The mechanisms of metastasis to the scrotal and inguinal tissues from primary malignant neoplasms have not been precisely elucidated. But it has been widely recognized that main routes include arterial embolization, transperitoneal seeding through tunica vaginalis. In our review, the metastatic tumors extending to the testis were found in five (31%) of the identified 16 cases [4, 9, 10, 13, 16], of which one cases invaded the epididymis[9]. Meanwhile, the tumors extending to the paratestis were reported in 11 cases[5, 6, 7, 8, 11, 12, 14, 15, 17], of which 4 cases involved the tunica vaginalis rather than testis[6, 8, 11], six cases invaded the spermatic cord and /or epididymis[5, 7, 1214, 15, 17]. Our case is unique since there were almost no symptoms of the primary tumor, only with paratesticular nodules, which proved to be metastasis and the first sign of pancreatic carcinoma. As there was obvious evidence of retroperitoneal involvement showed in CT scan, the suspected route of tumor spread in this case is either lymphatic or direct transperitoneal seeding from peritoneal carcinomatosis. Due to only one-week duration of onset, the right testicle was clear.
Clinically, no specific features that differentiate primary from secondary testicular or paratesticular tumors are available, as both may present with painful or painless mass, or an indurated testis. Serum tumor markers such as AFP and β-hCG are not helpful in distinguishing primary from secondary testicular tumors. However, one third of patients with pancreatic exocrine adenocarcinoma were found elevated β-hCG levels. Taylor H described a case of pancreatic adenocarcinoma presenting as a testicular tumor featured raised 10-fold hCG levels due to extragonadal secretion [16]. Immunohistochemistry is currently considered as the most sensitive and specific way of determining the origin of the tumor. CA19-9, CDX-2, cytokeratin are reliable markers. Another new markers, such as homeobox protein NANOG, SOX2, and Oct-3/4 have been applied in diagnosis [19–20]. In our case, pancreatic origin was suspected because of extremely elevated tumor markers CA 19 − 9 and positive CT results.

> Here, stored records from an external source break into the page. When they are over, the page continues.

-- ===== src/Peer/Negotiation.antt =====
-- Runs of a peer's negotiation.
use mini_sfu.Base.{ℕ, ◌+◌, ◌≤◌, ◌≡◌, refl, ◌∙◌, Bool, true, false, ◌&&◌, if◌then◌else◌, ◌⊎◌, arith}
use mini_sfu.Peer.{
  Peer, new_peer, negotiate, on_negotiation_needed, timer_fires, set_remote_description, close,
}

-- What is counted along a run: offers created, those handed to the client, and answers taken; `wanted`
-- says that a negotiation was asked for since the last attempt to create an offer.
pub record Run : Type 0 where
  pub peer : Peer
  pub offers : ℕ
  pub sent : ℕ
  pub answers : ℕ
  pub wanted : Bool

-- the run after its timer runs out, if `CreateOffer` succeeds or fails, and after an answer is taken
abbrev pub after_fired : Run → Bool → Run
after_fired r creates =
    let offer = (timer_fires r.peer creates).1 in
    record r {
      peer = (timer_fires r.peer creates).0;
      offers = if offer.created then r.offers + 1 else r.offers;
      sent = if offer.sent then r.sent + 1 else r.sent;
      wanted = r.wanted && r.peer.remote_answer_pending;
    }

abbrev after_taken : Run → Run
after_taken r = record r { peer = (set_remote_description r.peer true).0; answers = r.answers + 1 }

-- One event. A connection takes an answer only if it has an offer of its own without an answer.
-- `CreateOffer` may fail at any time, as it does on a closed connection.
pub data Step : Run → Run → Type 0 where
  asked : (r : Run) → Step r (record r { peer = negotiate r.peer; wanted = true })
  fired : (r : Run) (creates : Bool) → r.peer.timer_set ≡ true → Step r (after_fired r creates)
  refused : (r : Run) → Step r (record r { peer = (set_remote_description r.peer false).0 })
  taken : (r : Run) → r.answers + 1 ≤ r.offers → Step r (after_taken r)
  closed : (r : Run) → Step r (record r { peer = close r.peer })

pub data Reachable : Run → Type 0 where
  start :
      (has_on_offer : Bool)
      → Reachable (record {
        peer = new_peer has_on_offer;
        offers = 0;
        sent = 0;
        answers = 0;
        wanted = false;
      })
  step : (r r' : Run) → Reachable r → Step r r' → Reachable r'

-- One offer at most is without an answer, exactly when the peer waits for one; and a negotiation
-- that is wanted has its timer, or waits for the answer.
pub record Inv (r : Run) : Type 0 where
  pub outstanding : r.offers ≡ r.answers + (if r.peer.remote_answer_pending then 1 else 0)
  pub handed : r.sent ≤ r.offers
  pub pending :
      r.wanted ≡ true
      → (r.peer.timer_set ≡ true)
        ⊎ ((r.peer.negotiation_pending ≡ true) × (r.peer.remote_answer_pending ≡ true))

-- events, one after the other
pub data Steps : Run → Run → Type 0 where
  stop : (r : Run) → Steps r r
  go : (r r' r'' : Run) → Step r r' → Steps r' r'' → Steps r r''

silent_step :
    (r r' : Run) → Step r r' → r.peer.closed ≡ true → (r'.sent ≡ r.sent) × (r'.peer.closed ≡ true)
unfolding negotiate on_negotiation_needed timer_fires set_remote_description close
silent_step _ _ (asked r) c = (refl, c)
silent_step _ _ (fired r creates set) c = (ground (arith, c), ground (arith, c))
silent_step _ _ (refused r) c = (refl, c)
silent_step _ _ (taken r due) c = (refl, ground (arith, c))
silent_step _ _ (closed r) c = (refl, refl)

-- Once a peer is closed its client gets no offer.
pub stays_silent : (r r' : Run) → Steps r r' → r.peer.closed ≡ true → r'.sent ≡ r.sent
stays_silent _ _ (stop r) c = refl
stays_silent _ _ (go r r' r'' first rest) c =
    let (same, c') = silent_step r r' first c in stays_silent r' r'' rest c' ∙ same

-- The peer is open and has a callback for its offers.
pub record IsOpen (r : Run) : Type 0 where
  pub not_closed : r.peer.closed ≡ false
  pub listens : r.peer.has_on_offer ≡ true

-- one more offer is handed to the client, and none is wanted any more
abbrev pub HasOffer : Run → Type 0
HasOffer r = (r' : Run) × Steps r r' × (r'.sent ≡ r.sent + 1) × (r'.wanted ≡ false)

Most cases as well as our case underwent radical orchiectomy, while hydrocelectomy with preservation of the testis was found in two cases [6, 11]. One patient with omentum involvement was managed by scrotal mass biopsy [8]. About half of the cases received chemotherapy including gemicitabine or capecitabine. But the outcome was unsatisfactory with high mortality. In our literature review, two thirds of the patients died in their recorded follow-up period. The shortest survival duration recorded was only 2 months. Compared to other pancreatic origin, ampullary tumors have a higher rate of resectability and a more favorable prognosis. Our review shows that one metastatic ampullary adenocarcinoma patient who underwent pancreaticoduodenectomy had better outcome compared to another case who did not receive primary tumor resection.